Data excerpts

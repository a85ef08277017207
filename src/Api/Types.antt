-- ===== src/Api/Types.antt =====
-- api/v1alpha1/redissentinel_types.go and redisstandalone_types.go: the two custom resources. The
-- types of k8s.io that they hold are parameters, and of ObjectMeta the fields that the operator
-- reads are kept.
use cndb_redis.Base.{ℕ, String, Bool, Option, List, ◌∷◌, ◌≡◌, ◌≢◌, true}
use cndb_redis.Base.Int.{ℤ}
use cndb_redis.Base.Dict.{Dict}
use cndb_redis.Api.Status.{Status}

-- corev1 and apimachinery: the types, and the methods that the operator calls.
pub record K8s : Type 1 where
  pub Quantity : Type 0
  pub LocalObjectReference : Type 0
  pub Affinity : Type 0
  pub PodSecurityContext : Type 0
  pub Toleration : Type 0
  pub EmptyDirVolumeSource : Type 0
  pub PersistentVolumeClaim : Type 0
  pub OwnerReference : Type 0
  -- EmptyDirVolumeSource{}
  pub no_medium : EmptyDirVolumeSource
  -- the claim's name, and the claim with other owners
  pub claim_name : PersistentVolumeClaim → String
  pub with_owner_references : PersistentVolumeClaim → List OwnerReference → PersistentVolumeClaim
  -- an Affinity whose one term is a preferred PodAntiAffinity: weight, topology key, matched labels
  pub preferred_anti_affinity : ℕ → String → Dict String → Affinity
  -- resource.MustParse
  pub must_parse : String → Quantity
  -- Quantity.Size, the length of its serialised form
  pub quantity_size : Quantity → ℕ
  -- whether Quantity.Cmp returns 0
  pub quantity_same : Quantity → Quantity → Bool
  -- ResourceList.Cpu and ResourceList.Memory
  pub cpu : Dict Quantity → Quantity
  pub memory : Dict Quantity → Quantity
  -- ResourceRequirements.Size, and reflect.DeepEqual on the limits and requests
  pub requirements_size : Dict Quantity → Dict Quantity → ℕ
  pub requirements_equal : Dict Quantity × Dict Quantity → Dict Quantity × Dict Quantity → Bool

-- What the operator relies on: Quantity.Cmp and reflect.DeepEqual accept equal values, and the serialised form of
-- limits that are not empty is not empty.
pub record K8sLaws (k : K8s) : Type 0 where
  pub same_refl : (q : k.Quantity) → k.quantity_same q q ≡ true
  pub equal_refl : (r : Dict k.Quantity × Dict k.Quantity) → k.requirements_equal r r ≡ true
  pub size_pos :
      (q : String × k.Quantity) (limits requests : Dict k.Quantity)
      → k.requirements_size (q ∷ limits) requests ≢ 0

pub record RedisExporter : Type 0 where
  pub enabled : Bool
  pub image : String
  pub image_pull_policy : String

module _ (k : K8s) where
  open k use {
    Quantity, LocalObjectReference, Affinity, PodSecurityContext, Toleration, EmptyDirVolumeSource,
    PersistentVolumeClaim,
  }

  pub record ResourceRequirements : Type 0 where
    pub limits : Dict Quantity
    pub requests : Dict Quantity

  pub record RedisStorage : Type 0 where
    pub keep_after_deletion : Bool
    pub empty_dir : Option EmptyDirVolumeSource
    pub persistent_volume_claim : Option PersistentVolumeClaim

  pub record SentinelSettings : Type 0 where
    pub image : String
    pub image_pull_policy : String
    pub image_pull_secrets : List LocalObjectReference
    pub replicas : ℤ
    pub resources : ResourceRequirements
    pub custom_config : List String
    pub command : List String
    pub affinity : Option Affinity
    pub security_context : Option PodSecurityContext
    pub tolerations : List Toleration
    pub node_selector : Dict String
    pub annotations : Dict String

  -- `none` at `config` is the nil map.
  pub record RedisStandaloneSpec : Type 0 where
    pub size : ℤ
    pub resources : ResourceRequirements
    pub image : String
    pub image_pull_policy : String
    pub image_pull_secrets : List LocalObjectReference
    pub command : List String
    pub shutdown_config_map : String
    pub storage : RedisStorage
    pub password : String
    pub exporter : RedisExporter
    pub affinity : Option Affinity
    pub security_context : Option PodSecurityContext
    pub tolerations : List Toleration
    pub node_selector : Dict String
    pub config : Option (Dict String)
    pub annotations : Dict String
    pub disable_persistence : Bool

  -- The two specs share every field but the last.
  pub record RedisSentinelSpec : Type 0 where
    pub common : RedisStandaloneSpec
    pub open common use *
    pub sentinel : SentinelSettings

  pub record ObjectMeta : Type 0 where
    pub name : String
    pub namespace : String
    pub generation : ℕ
    pub labels : Dict String
    pub annotations : Dict String

  pub record RedisSentinel : Type 0 where
    pub metadata : ObjectMeta
    pub spec : RedisSentinelSpec
    pub status : Status

  pub record RedisStandalone : Type 0 where
    pub metadata : ObjectMeta
    pub spec : RedisStandaloneSpec
    pub status : Status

- Description of the task
Exactly as they stand above, write out all the entries again.

- Worked solution
repository a85ef08277017207
filename src/Api/Types.antt
-- ===== src/Api/Types.antt =====
-- api/v1alpha1/redissentinel_types.go and redisstandalone_types.go: the two custom resources. The
-- types of k8s.io that they hold are parameters, and of ObjectMeta the fields that the operator
-- reads are kept.
use cndb_redis.Base.{ℕ, String, Bool, Option, List, ◌∷◌, ◌≡◌, ◌≢◌, true}
use cndb_redis.Base.Int.{ℤ}
use cndb_redis.Base.Dict.{Dict}
use cndb_redis.Api.Status.{Status}

-- corev1 and apimachinery: the types, and the methods that the operator calls.
pub record K8s : Type 1 where
  pub Quantity : Type 0
  pub LocalObjectReference : Type 0
  pub Affinity : Type 0
  pub PodSecurityContext : Type 0
  pub Toleration : Type 0
  pub EmptyDirVolumeSource : Type 0
  pub PersistentVolumeClaim : Type 0
  pub OwnerReference : Type 0
  -- EmptyDirVolumeSource{}
  pub no_medium : EmptyDirVolumeSource
  -- the claim's name, and the claim with other owners
  pub claim_name : PersistentVolumeClaim → String
  pub with_owner_references : PersistentVolumeClaim → List OwnerReference → PersistentVolumeClaim
  -- an Affinity whose one term is a preferred PodAntiAffinity: weight, topology key, matched labels
  pub preferred_anti_affinity : ℕ → String → Dict String → Affinity
  -- resource.MustParse
  pub must_parse : String → Quantity
  -- Quantity.Size, the length of its serialised form
  pub quantity_size : Quantity → ℕ
  -- whether Quantity.Cmp returns 0
  pub quantity_same : Quantity → Quantity → Bool
  -- ResourceList.Cpu and ResourceList.Memory
  pub cpu : Dict Quantity → Quantity
  pub memory : Dict Quantity → Quantity
  -- ResourceRequirements.Size, and reflect.DeepEqual on the limits and requests
  pub requirements_size : Dict Quantity → Dict Quantity → ℕ
  pub requirements_equal : Dict Quantity × Dict Quantity → Dict Quantity × Dict Quantity → Bool

-- What the operator relies on: Quantity.Cmp and reflect.DeepEqual accept equal values, and the serialised form of
-- limits that are not empty is not empty.
pub record K8sLaws (k : K8s) : Type 0 where
  pub same_refl : (q : k.Quantity) → k.quantity_same q q ≡ true
  pub equal_refl : (r : Dict k.Quantity × Dict k.Quantity) → k.requirements_equal r r ≡ true
  pub size_pos :
      (q : String × k.Quantity) (limits requests : Dict k.Quantity)
      → k.requirements_size (q ∷ limits) requests ≢ 0

pub record RedisExporter : Type 0 where
  pub enabled : Bool
  pub image : String
  pub image_pull_policy : String

module _ (k : K8s) where
  open k use {
    Quantity, LocalObjectReference, Affinity, PodSecurityContext, Toleration, EmptyDirVolumeSource,
    PersistentVolumeClaim,
  }

  pub record ResourceRequirements : Type 0 where
    pub limits : Dict Quantity
    pub requests : Dict Quantity

  pub record RedisStorage : Type 0 where
    pub keep_after_deletion : Bool
    pub empty_dir : Option EmptyDirVolumeSource
    pub persistent_volume_claim : Option PersistentVolumeClaim

  pub record SentinelSettings : Type 0 where
    pub image : String
    pub image_pull_policy : String
    pub image_pull_secrets : List LocalObjectReference
    pub replicas : ℤ
    pub resources : ResourceRequirements
    pub custom_config : List String
    pub command : List String
    pub affinity : Option Affinity
    pub security_context : Option PodSecurityContext
    pub tolerations : List Toleration
    pub node_selector : Dict String
    pub annotations : Dict String

  -- `none` at `config` is the nil map.
  pub record RedisStandaloneSpec : Type 0 where
    pub size : ℤ
    pub resources : ResourceRequirements
    pub image : String
    pub image_pull_policy : String
    pub image_pull_secrets : List LocalObjectReference
    pub command : List String
    pub shutdown_config_map : String
    pub storage : RedisStorage
    pub password : String
    pub exporter : RedisExporter
    pub affinity : Option Affinity
    pub security_context : Option PodSecurityContext
    pub tolerations : List Toleration
    pub node_selector : Dict String
    pub config : Option (Dict String)
    pub annotations : Dict String
    pub disable_persistence : Bool

  -- The two specs share every field but the last.
  pub record RedisSentinelSpec : Type 0 where
    pub common : RedisStandaloneSpec
    pub open common use *
    pub sentinel : SentinelSettings

  pub record ObjectMeta : Type 0 where
    pub name : String
    pub namespace : String
    pub generation : ℕ
    pub labels : Dict String
    pub annotations : Dict String

  pub record RedisSentinel : Type 0 where
    pub metadata : ObjectMeta
    pub spec : RedisSentinelSpec
    pub status : Status

  pub record RedisStandalone : Type 0 where
    pub metadata : ObjectMeta
    pub spec : RedisStandaloneSpec
    pub status : Status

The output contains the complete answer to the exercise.